# YOUR INSTRUCTIONS
The response must contain the complete data, printed exactly.

......

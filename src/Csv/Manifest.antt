-- ===== src/Csv/Manifest.antt =====
-- `NewClusterServiceVersion`.
use vm_file_restore_operator.Base.{ℕ, String, ◌<>◌, true, false, List, [], ◌∷◌, if◌then◌else◌}
use vm_file_restore_operator.Base.Texts.{is_empty}
use vm_file_restore_operator.Errors.{Result, ok, err, errorf}
use vm_file_restore_operator.Csv.{
  ClusterServiceVersionData, ClusterServiceVersion, Container, Deployment, CrdDescription,
  InstallMode, Probe, from_value, from_field,
}
use vm_file_restore_operator.Csv.Rules.{service_account, permissions, cluster_permissions}

abbrev pub examples : String
examples =
    "[\n          {\n            \"apiVersion\": \"filerestore.kubevirt.io/v1alpha1\",\n            \"kind\": \"FileRestoreOperator\",\n            \"metadata\": {\n              \"name\": \"vm-file-restore-operator\",\n              \"namespace\": \"file-restore\"\n            },\n            \"spec\": {\n              \"imagePullPolicy\": \"IfNotPresent\"\n            }\n          }\n        ]"

abbrev pub probe : String → ℕ → ℕ → Probe
probe path initial_delay period = record {
  path = path;
  port = 8081;
  initial_delay_seconds = initial_delay;
  period_seconds = period;
}

unfoldable pub container_of : ClusterServiceVersionData → Container
container_of d = record {
  name = "manager";
  image = d.operator_image;
  image_pull_policy = d.image_pull_policy;
  command = "/manager" ∷ [];
  args = "--leader-elect" ∷ "--health-probe-bind-address=:8081" ∷ [];
  env =
      from_field "OPERATOR_NAMESPACE" "metadata.namespace"
      ∷ from_value "OPERATOR_VERSION" d.operator_version
      ∷ from_value "VERBOSITY" d.verbosity
      ∷ [];
  requests = ("cpu", "10m") ∷ ("memory", "96Mi") ∷ [];
  allow_privilege_escalation = false;
  drop_capabilities = "ALL" ∷ [];
  termination_message_policy = "FallbackToLogsOnError";
  liveness_probe = probe "/healthz" 15 20;
  readiness_probe = probe "/readyz" 5 10;
}

unfoldable pub deployment_of : ClusterServiceVersionData → Deployment
unfolding container_of
deployment_of d = record {
  name = service_account;
  replicas = 1;
  selector = ("name", service_account) ∷ [];
  labels = ("name", service_account) ∷ [];
  service_account_name = service_account;
  run_as_non_root = true;
  seccomp_profile = "RuntimeDefault";
  containers = container_of d ∷ [];
}

abbrev pub install_modes : List InstallMode
install_modes =
    record { type = "OwnNamespace"; supported = true }
    ∷ record { type = "SingleNamespace"; supported = true }
    ∷ record { type = "MultiNamespace"; supported = false }
    ∷ record { type = "AllNamespaces"; supported = false }
    ∷ []

abbrev pub owned : List CrdDescription
owned =
    record {
      name = "filerestoreoperators.filerestore.kubevirt.io";
      version = "v1alpha1";
      kind = "FileRestoreOperator";
      display_name = "File Restore Operator";
      description = "Represents the deployment of the VM File Restore Operator";
    }
    ∷ record {
      name = "virtualmachinefilerestores.filerestore.kubevirt.io";
      version = "v1alpha1";
      kind = "VirtualMachineFileRestore";
      display_name = "Virtual Machine File Restore";
      description = "Represents a file-level restore operation from a VM snapshot";
    }
    ∷ []

abbrev pub csv_name : String → String
csv_name version = "vm-file-restore-operator." <> version

-- The object, with `Replaces` last.
unfoldable pub csv_of : ClusterServiceVersionData → ClusterServiceVersion
unfolding deployment_of
csv_of d = record {
  kind = "ClusterServiceVersion";
  api_version = "operators.coreos.com/v1alpha1";
  name = csv_name d.csv_version;
  namespace = d.namespace;
  annotations =
      ("capabilities", "Basic Install")
      ∷ ("categories", "Storage")
      ∷ (
        "description",
        "VM File Restore Operator provides file-level restore capabilities for KubeVirt VMs",
      )
      ∷ ("alm-examples", examples)
      ∷ [];
  display_name = "VM File Restore Operator";
  description =
      "The VM File Restore Operator enables file-level restore from VM snapshots without full VM restoration";
  maturity = "alpha";
  maintainers = ("KubeVirt project", "kubevirt-dev@googlegroups.com") ∷ [];
  provider = "KubeVirt";
  links = ("Source Code", "https://github.com/kubevirt/vm-file-restore-operator") ∷ [];
  keywords = "KubeVirt" ∷ "Virtualization" ∷ "Restore" ∷ "Backup" ∷ [];
  icon = (d.icon_base64, "image/png") ∷ [];
  install_modes = install_modes;
  strategy_name = "deployment";
  deployments = deployment_of d ∷ [];
  permissions = permissions ∷ [];
  cluster_permissions = cluster_permissions ∷ [];
  owned = owned;
  replaces = if is_empty d.replaces_csv_version then "" else csv_name d.replaces_csv_version;
}

-- `NewClusterServiceVersion`
unfoldable pub new_cluster_service_version :
    ClusterServiceVersionData → Result ClusterServiceVersion
unfolding csv_of
new_cluster_service_version d =
    if is_empty d.csv_version
    then err (errorf "csv version must not be empty")
    else if is_empty d.namespace
    then err (errorf "namespace must not be empty")
    else if is_empty d.operator_image
    then err (errorf "operator image must not be empty")
    else ok (csv_of d)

......

# FINISHED EXERCISE
filename src/Csv/Manifest.antt
-- ===== src/Csv/Manifest.antt =====
-- `NewClusterServiceVersion`.
use vm_file_restore_operator.Base.{ℕ, String, ◌<>◌, true, false, List, [], ◌∷◌, if◌then◌else◌}
use vm_file_restore_operator.Base.Texts.{is_empty}
use vm_file_restore_operator.Errors.{Result, ok, err, errorf}
use vm_file_restore_operator.Csv.{
  ClusterServiceVersionData, ClusterServiceVersion, Container, Deployment, CrdDescription,
  InstallMode, Probe, from_value, from_field,
}
use vm_file_restore_operator.Csv.Rules.{service_account, permissions, cluster_permissions}

abbrev pub examples : String
examples =
    "[\n          {\n            \"apiVersion\": \"filerestore.kubevirt.io/v1alpha1\",\n            \"kind\": \"FileRestoreOperator\",\n            \"metadata\": {\n              \"name\": \"vm-file-restore-operator\",\n              \"namespace\": \"file-restore\"\n            },\n            \"spec\": {\n              \"imagePullPolicy\": \"IfNotPresent\"\n            }\n          }\n        ]"

abbrev pub probe : String → ℕ → ℕ → Probe
probe path initial_delay period = record {
  path = path;
  port = 8081;
  initial_delay_seconds = initial_delay;
  period_seconds = period;
}

unfoldable pub container_of : ClusterServiceVersionData → Container
container_of d = record {
  name = "manager";
  image = d.operator_image;
  image_pull_policy = d.image_pull_policy;
  command = "/manager" ∷ [];
  args = "--leader-elect" ∷ "--health-probe-bind-address=:8081" ∷ [];
  env =
      from_field "OPERATOR_NAMESPACE" "metadata.namespace"
      ∷ from_value "OPERATOR_VERSION" d.operator_version
      ∷ from_value "VERBOSITY" d.verbosity
      ∷ [];
  requests = ("cpu", "10m") ∷ ("memory", "96Mi") ∷ [];
  allow_privilege_escalation = false;
  drop_capabilities = "ALL" ∷ [];
  termination_message_policy = "FallbackToLogsOnError";
  liveness_probe = probe "/healthz" 15 20;
  readiness_probe = probe "/readyz" 5 10;
}

unfoldable pub deployment_of : ClusterServiceVersionData → Deployment
unfolding container_of
deployment_of d = record {
  name = service_account;
  replicas = 1;
  selector = ("name", service_account) ∷ [];
  labels = ("name", service_account) ∷ [];
  service_account_name = service_account;
  run_as_non_root = true;
  seccomp_profile = "RuntimeDefault";
  containers = container_of d ∷ [];
}

abbrev pub install_modes : List InstallMode
install_modes =
    record { type = "OwnNamespace"; supported = true }
    ∷ record { type = "SingleNamespace"; supported = true }
    ∷ record { type = "MultiNamespace"; supported = false }
    ∷ record { type = "AllNamespaces"; supported = false }
    ∷ []

abbrev pub owned : List CrdDescription
owned =
    record {
      name = "filerestoreoperators.filerestore.kubevirt.io";
      version = "v1alpha1";
      kind = "FileRestoreOperator";
      display_name = "File Restore Operator";
      description = "Represents the deployment of the VM File Restore Operator";
    }
    ∷ record {
      name = "virtualmachinefilerestores.filerestore.kubevirt.io";
      version = "v1alpha1";
      kind = "VirtualMachineFileRestore";
      display_name = "Virtual Machine File Restore";
      description = "Represents a file-level restore operation from a VM snapshot";
    }
    ∷ []

abbrev pub csv_name : String → String
csv_name version = "vm-file-restore-operator." <> version

-- The object, with `Replaces` last.
unfoldable pub csv_of : ClusterServiceVersionData → ClusterServiceVersion
unfolding deployment_of
csv_of d = record {
  kind = "ClusterServiceVersion";
  api_version = "operators.coreos.com/v1alpha1";
  name = csv_name d.csv_version;
  namespace = d.namespace;
  annotations =
      ("capabilities", "Basic Install")
      ∷ ("categories", "Storage")
      ∷ (
        "description",
        "VM File Restore Operator provides file-level restore capabilities for KubeVirt VMs",
      )
      ∷ ("alm-examples", examples)
      ∷ [];
  display_name = "VM File Restore Operator";
  description =
      "The VM File Restore Operator enables file-level restore from VM snapshots without full VM restoration";
  maturity = "alpha";
  maintainers = ("KubeVirt project", "kubevirt-dev@googlegroups.com") ∷ [];
  provider = "KubeVirt";
  links = ("Source Code", "https://github.com/kubevirt/vm-file-restore-operator") ∷ [];
  keywords = "KubeVirt" ∷ "Virtualization" ∷ "Restore" ∷ "Backup" ∷ [];
  icon = (d.icon_base64, "image/png") ∷ [];
  install_modes = install_modes;
  strategy_name = "deployment";
  deployments = deployment_of d ∷ [];
  permissions = permissions ∷ [];
  cluster_permissions = cluster_permissions ∷ [];
  owned = owned;
  replaces = if is_empty d.replaces_csv_version then "" else csv_name d.replaces_csv_version;
}

-- `NewClusterServiceVersion`
unfoldable pub new_cluster_service_version :
    ClusterServiceVersionData → Result ClusterServiceVersion
unfolding csv_of
new_cluster_service_version d =
    if is_empty d.csv_version
    then err (errorf "csv version must not be empty")
    else if is_empty d.namespace
    then err (errorf "namespace must not be empty")
    else if is_empty d.operator_image
    then err (errorf "operator image must not be empty")
    else ok (csv_of d)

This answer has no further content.